Our results showed that the use of ILS or ISS partly addresses the issue of segmental instability in the DA model. Both the two surgical procedures enhance the stability and reduce the load on the anterior column at the surgical level in extension, especially in ILS. These advantages may facilitate the achievement of better clinical outcomes in treating lumbar spinal stenosis. Schmidt et al. reported the clinical outcomes of DA and ILS in treating symptomatic lumbar spinal stenosis after 2 years [15]. The results showed that the clinical success rate was much higher in the ILS group (58.4% vs. 41.7%) [15]. A similar study conducted by Kumar et al. also showed that patients treated with ILS showed greater recovery of symptoms than those treated with decompression alone [14]. In addition, due to the strong support in the posterior column, the foraminal and disc height in the group treated with ILS were well maintained [14].

Meanwhile, ILS or ISS alleviated the hypermobility and overload at the adjacent levels compared with DF, which might subsequently reduce the risk of adjacent segment degeneration [7, 12]. In an FE study conducted by Shen et al., the results showed that DF significantly increased the ROM at the adjacent levels by 17.7–61.4%, which was much higher than those in ILS and ISS [22]. In addition, DF yielded much higher disc stress and facet joint stress at the adjacent levels than ILS and ISS [22]. Bae et al. retrospectively compared the clinical outcomes of using ILS and DF for treating lumbar spinal stenosis [12]. The results showed that the rate of composite clinical success at the treated level was similar in the ILS and DF groups (64.5% vs. 69.7%) and that both surgical procedures could provide sufficient stability at the treated level [12]. However, at the adjacent level, the DF procedure increased the angular motion by a mean of 1.42°, whereas the ILS procedure effectively maintained the normal kinematics [12]. The author considered that the more physiological mobility at the adjacent level could prevent segmental degeneration in ILS patients [12].

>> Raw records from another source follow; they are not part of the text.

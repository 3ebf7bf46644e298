-- ===== src/EasyFs/Layout/Write/Written.antt =====
-- What `write_at` does to the bytes of the file.
use r_core_tutorial_v3_arm.Base.{
  ℕ, zero, suc, ◌+◌, ◌-◌, ◌*◌, ◌≤◌, ◌<◌, ◌≡◌, refl, sym, ap, ◌∙◌, ◌⊎◌, inl, inr, true, false, some,
  List, [], ◌∷◌, arith, ◌==◌, length, get_elem?, get_or, Distinct, done, ◌>>=◌, unwrap,
}
use r_core_tutorial_v3_arm.EasyFs.Layout.{DiskInode, with_indices, as_words, word}
use r_core_tutorial_v3_arm.EasyFs.Layout.Clear.{AreBlocks, get_elem?-in}
use r_core_tutorial_v3_arm.EasyFs.Layout.Copy.{same_place}
use r_core_tutorial_v3_arm.EasyFs.Layout.Increase.Slots.{
  Slot, direct_slot, first_slot, entry_slot, second_slot, row_slot, leaf_slot, IsSlot, number,
  read_slot, Represents,
}
use r_core_tutorial_v3_arm.EasyFs.Layout.Increase.Append.{
  is_index, get_elem?-bound, first_named, second_named,
}
use r_core_tutorial_v3_arm.EasyFs.Layout.Contents.{data_block, index-data_block}
use r_core_tutorial_v3_arm.EasyFs.Layout.Write.{copy_from_slice}

pub length-copy_from_slice :
    (from : ℕ) (src dst : List ℕ) → length (copy_from_slice from src dst) ≡ length dst
length-copy_from_slice from src [] = refl
length-copy_from_slice zero [] (b ∷ dst) = refl
length-copy_from_slice zero (x ∷ src) (b ∷ dst) = ap suc (length-copy_from_slice zero src dst)
length-copy_from_slice (suc from) src (b ∷ dst) = ap suc (length-copy_from_slice from src dst)

pub get_or-copied :
    (from : ℕ) (src dst : List ℕ) (i : ℕ)
    → from ≤ i
    → i < from + length src
    → from + length src ≤ length dst
    → get_or (copy_from_slice from src dst) i 0 ≡ get_or src (i - from) 0
get_or-copied from src [] i g h l = absurd (omega (arith, h, l))
get_or-copied zero [] (b ∷ dst) i g h l = absurd (omega (arith, h))
get_or-copied zero (x ∷ src) (b ∷ dst) zero g h l = refl
get_or-copied zero (x ∷ src) (b ∷ dst) (suc i) g h l =
    get_or-copied zero src dst i (omega arith) (omega (arith, h)) (omega (arith, l))
    ∙ same_place (x ∷ src) (suc (i - 0)) (suc i - 0) (omega arith)
get_or-copied (suc from) src (b ∷ dst) zero g h l = absurd (omega (arith, g))
get_or-copied (suc from) src (b ∷ dst) (suc i) g h l =
    get_or-copied from src dst i (omega (arith, g)) (omega (arith, h)) (omega (arith, l))
    ∙ same_place src (i - from) (suc i - suc from) (omega arith)

pub get_or-around :
    (from : ℕ) (src dst : List ℕ) (i : ℕ)
    → (i < from) ⊎ (from + length src ≤ i)
    → get_or (copy_from_slice from src dst) i 0 ≡ get_or dst i 0
get_or-around from src [] i h = refl
get_or-around zero [] (b ∷ dst) i h = refl
get_or-around zero (x ∷ src) (b ∷ dst) zero (inl h) = absurd (omega (arith, h))
get_or-around zero (x ∷ src) (b ∷ dst) zero (inr h) = absurd (omega (arith, h))
get_or-around zero (x ∷ src) (b ∷ dst) (suc i) (inl h) = absurd (omega (arith, h))
get_or-around zero (x ∷ src) (b ∷ dst) (suc i) (inr h) =
    get_or-around zero src dst i (inr (omega (arith, h)))
get_or-around (suc from) src (b ∷ dst) zero h = refl
get_or-around (suc from) src (b ∷ dst) (suc i) (inl h) =
    get_or-around from src dst i (inl (omega (arith, h)))
get_or-around (suc from) src (b ∷ dst) (suc i) (inr h) =
    get_or-around from src dst i (inr (omega (arith, h)))

-- A write to a block of data leaves the inode's list.
pub Represents-data :
    (inode : DiskInode) (device device' : ℕ → List ℕ) (all : List ℕ) (k n : ℕ)
    → Represents inode device all
    → Distinct all
    → k < n
    → with_indices n ≤ length all
    → AreBlocks device'
    → ((b : ℕ) → (data_block all k == b) ≡ false → device' b ≡ device b)
    → Represents inode device' all
Represents-data inode device device' all k n r d h l blocks same = record {
  held = held;
  directs = r.directs;
  blocks = blocks;
}
  where
    same_word :
        (s : Slot) (x i : ℕ)
        → is_index s ≡ true
        → IsSlot s
        → get_elem? all (number s) ≡ some x
        → word device' x i ≡ word device x i
    same_word s x i t j e =
        ap (λ bytes. unwrap (get_elem? (as_words bytes) i))
          (same x (index-data_block all k n s x d h l t j e))

    held :
        (s : Slot) (x : ℕ)
        → IsSlot s
        → get_elem? all (number s) ≡ some x
        → read_slot inode device' s ≡ done x
    held (direct_slot i) x j e = r.held (direct_slot i) x j e
    held first_slot x j e = r.held first_slot x j e
    held (entry_slot i) x j e =
        same_word first_slot inode.indirect1 i refl tt
          (first_named inode device all r (omega (arith, get_elem?-bound all (29 + i) x e)))
        ∙ r.held (entry_slot i) x j e
    held second_slot x j e = r.held second_slot x j e
    held (row_slot a) x j e =
        same_word second_slot inode.indirect2 a refl tt
          (second_named inode device all r (omega (arith, get_elem?-bound all (158 + 129 * a) x e)))
        ∙ r.held (row_slot a) x j e
    held (leaf_slot a b) x j e =
        let bound = get_elem?-bound all (159 + 129 * a + b) x e in
        let (z, f) = get_elem?-in all (158 + 129 * a) (omega (arith, bound)) in
        let row : word device' inode.indirect2 a ≡ word device inode.indirect2 a =
          same_word second_slot inode.indirect2 a refl tt
            (second_named inode device all r (omega (arith, bound))) in
        let old : word device inode.indirect2 a ≡ done z = r.held (row_slot a) z j.0 f in
        let leaf : word device z b ≡ done x =
          ap (λ m. m >>= λ id. word device id b) (sym old) ∙ r.held (leaf_slot a b) x j e in
        rw (row ∙ old) (same_word (row_slot a) z b refl j.0 f ∙ leaf)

There exist some limitations in this study. First, the intact FE model was construct based on the computed tomography data from a young healthy man, which might underestimate the influence of severe degenerative pathologies on the biomechanical performance of the lumbar spine, such as severe osteoporosis, scoliosis, and significant losses of the disc height and segment lordosis. In addition, some other interlaminar and interspinous devices could be compared in the future to further understand the difference of the biomechanical properties between ILS and ISS.

Conclusion

The ILS or ISS construct preserves better the biomechanical characteristics of the intact lumbar spine compared to the DA and DF constructs and partly addresses the issues of the DA construct in segmental instability and the DF construct in hypermobility and overload at the adjacent levels. Compared to the ISS construct, the ILS construct reduces the stress on the spinous process and on the device itself, potentially minimizing the possible complications. In addition, the ILS construct further reduces the disc stress or excessive range of motion at the surgical level, providing a greater capacity to maintain the natural integrity of the operated spine.